* [Task to carry out] Take the data below and copy exactly the lines starting at the one with "unfolding step register_udp_session" and finishing at the one with "reused_identifier_closes 7 begun", both included.

* [Available data]
★ ★ ★

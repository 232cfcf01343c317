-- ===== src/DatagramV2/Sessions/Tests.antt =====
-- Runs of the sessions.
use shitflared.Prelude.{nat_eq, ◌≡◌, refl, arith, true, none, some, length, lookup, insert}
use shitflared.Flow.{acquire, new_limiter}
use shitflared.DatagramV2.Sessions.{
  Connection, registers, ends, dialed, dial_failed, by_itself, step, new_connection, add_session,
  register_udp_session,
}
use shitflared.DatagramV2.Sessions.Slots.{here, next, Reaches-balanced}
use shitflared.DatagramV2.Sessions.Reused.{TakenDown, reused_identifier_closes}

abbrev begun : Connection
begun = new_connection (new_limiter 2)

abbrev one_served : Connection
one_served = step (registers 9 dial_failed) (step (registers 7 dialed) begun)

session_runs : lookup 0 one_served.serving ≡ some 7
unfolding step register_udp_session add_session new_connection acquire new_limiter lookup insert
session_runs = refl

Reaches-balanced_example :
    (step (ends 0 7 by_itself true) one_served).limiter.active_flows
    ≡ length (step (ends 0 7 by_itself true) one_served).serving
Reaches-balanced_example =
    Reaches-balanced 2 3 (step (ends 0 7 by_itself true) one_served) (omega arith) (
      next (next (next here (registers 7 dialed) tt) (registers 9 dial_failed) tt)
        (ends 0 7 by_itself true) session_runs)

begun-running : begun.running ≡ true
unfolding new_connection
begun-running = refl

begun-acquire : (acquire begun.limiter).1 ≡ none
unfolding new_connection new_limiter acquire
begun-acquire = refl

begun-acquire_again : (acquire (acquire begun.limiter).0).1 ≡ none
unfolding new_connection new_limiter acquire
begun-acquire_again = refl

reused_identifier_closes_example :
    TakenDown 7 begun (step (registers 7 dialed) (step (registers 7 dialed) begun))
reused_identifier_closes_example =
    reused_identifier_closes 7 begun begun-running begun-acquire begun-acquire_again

★ ★ ★

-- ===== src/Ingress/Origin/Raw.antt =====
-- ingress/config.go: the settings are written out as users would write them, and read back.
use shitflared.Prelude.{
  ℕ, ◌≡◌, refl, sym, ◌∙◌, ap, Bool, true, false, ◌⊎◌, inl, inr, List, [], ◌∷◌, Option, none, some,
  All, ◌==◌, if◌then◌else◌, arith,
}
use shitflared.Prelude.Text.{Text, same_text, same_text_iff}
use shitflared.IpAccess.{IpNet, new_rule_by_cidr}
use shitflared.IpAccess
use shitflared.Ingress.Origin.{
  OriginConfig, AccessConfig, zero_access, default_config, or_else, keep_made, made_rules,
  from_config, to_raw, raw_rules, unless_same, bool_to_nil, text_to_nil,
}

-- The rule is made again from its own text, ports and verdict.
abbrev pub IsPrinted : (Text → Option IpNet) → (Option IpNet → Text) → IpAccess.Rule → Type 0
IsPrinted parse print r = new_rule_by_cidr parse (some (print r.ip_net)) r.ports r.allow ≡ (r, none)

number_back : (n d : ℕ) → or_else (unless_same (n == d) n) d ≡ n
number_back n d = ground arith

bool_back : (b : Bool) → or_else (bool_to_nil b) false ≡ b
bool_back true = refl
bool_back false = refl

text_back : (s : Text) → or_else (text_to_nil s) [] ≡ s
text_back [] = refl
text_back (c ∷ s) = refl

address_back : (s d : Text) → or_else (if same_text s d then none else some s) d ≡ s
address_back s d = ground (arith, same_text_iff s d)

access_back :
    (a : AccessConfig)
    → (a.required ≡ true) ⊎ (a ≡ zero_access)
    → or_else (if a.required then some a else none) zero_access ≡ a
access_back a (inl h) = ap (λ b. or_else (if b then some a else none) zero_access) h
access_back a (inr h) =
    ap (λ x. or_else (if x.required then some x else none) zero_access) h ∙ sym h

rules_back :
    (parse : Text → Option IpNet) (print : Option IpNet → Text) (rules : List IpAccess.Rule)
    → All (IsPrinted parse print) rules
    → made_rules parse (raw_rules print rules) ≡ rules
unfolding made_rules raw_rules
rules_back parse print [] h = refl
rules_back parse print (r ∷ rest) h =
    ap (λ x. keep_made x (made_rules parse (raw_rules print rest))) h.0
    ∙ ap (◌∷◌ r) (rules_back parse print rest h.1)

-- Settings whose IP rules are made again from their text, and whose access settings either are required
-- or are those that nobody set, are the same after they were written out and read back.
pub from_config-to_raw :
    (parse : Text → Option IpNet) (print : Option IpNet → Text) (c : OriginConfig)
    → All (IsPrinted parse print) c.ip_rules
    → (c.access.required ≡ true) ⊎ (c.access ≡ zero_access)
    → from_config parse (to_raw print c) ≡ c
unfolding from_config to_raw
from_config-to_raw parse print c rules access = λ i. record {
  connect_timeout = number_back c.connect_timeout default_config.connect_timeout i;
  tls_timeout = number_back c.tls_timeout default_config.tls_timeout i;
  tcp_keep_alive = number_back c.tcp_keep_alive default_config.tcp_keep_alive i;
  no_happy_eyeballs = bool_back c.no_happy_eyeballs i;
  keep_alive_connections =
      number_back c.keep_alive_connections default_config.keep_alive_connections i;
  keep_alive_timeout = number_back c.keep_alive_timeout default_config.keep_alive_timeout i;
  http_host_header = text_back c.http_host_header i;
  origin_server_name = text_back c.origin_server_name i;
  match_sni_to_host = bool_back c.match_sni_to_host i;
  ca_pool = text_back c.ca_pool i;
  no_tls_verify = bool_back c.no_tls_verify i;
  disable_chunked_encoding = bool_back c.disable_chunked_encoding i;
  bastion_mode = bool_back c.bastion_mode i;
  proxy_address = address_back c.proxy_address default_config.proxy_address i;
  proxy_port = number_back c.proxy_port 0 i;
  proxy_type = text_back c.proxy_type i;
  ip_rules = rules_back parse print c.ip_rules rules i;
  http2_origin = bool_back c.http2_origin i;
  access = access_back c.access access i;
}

★ ★ ★

* [Solution to this exercise]
unfolding step register_udp_session add_session new_connection acquire new_limiter lookup insert
session_runs = refl

Reaches-balanced_example :
    (step (ends 0 7 by_itself true) one_served).limiter.active_flows
    ≡ length (step (ends 0 7 by_itself true) one_served).serving
Reaches-balanced_example =
    Reaches-balanced 2 3 (step (ends 0 7 by_itself true) one_served) (omega arith) (
      next (next (next here (registers 7 dialed) tt) (registers 9 dial_failed) tt)
        (ends 0 7 by_itself true) session_runs)

begun-running : begun.running ≡ true
unfolding new_connection
begun-running = refl

begun-acquire : (acquire begun.limiter).1 ≡ none
unfolding new_connection new_limiter acquire
begun-acquire = refl

begun-acquire_again : (acquire (acquire begun.limiter).0).1 ≡ none
unfolding new_connection new_limiter acquire
begun-acquire_again = refl

reused_identifier_closes_example :
    TakenDown 7 begun (step (registers 7 dialed) (step (registers 7 dialed) begun))
reused_identifier_closes_example =
    reused_identifier_closes 7 begun begun-running begun-acquire begun-acquire_again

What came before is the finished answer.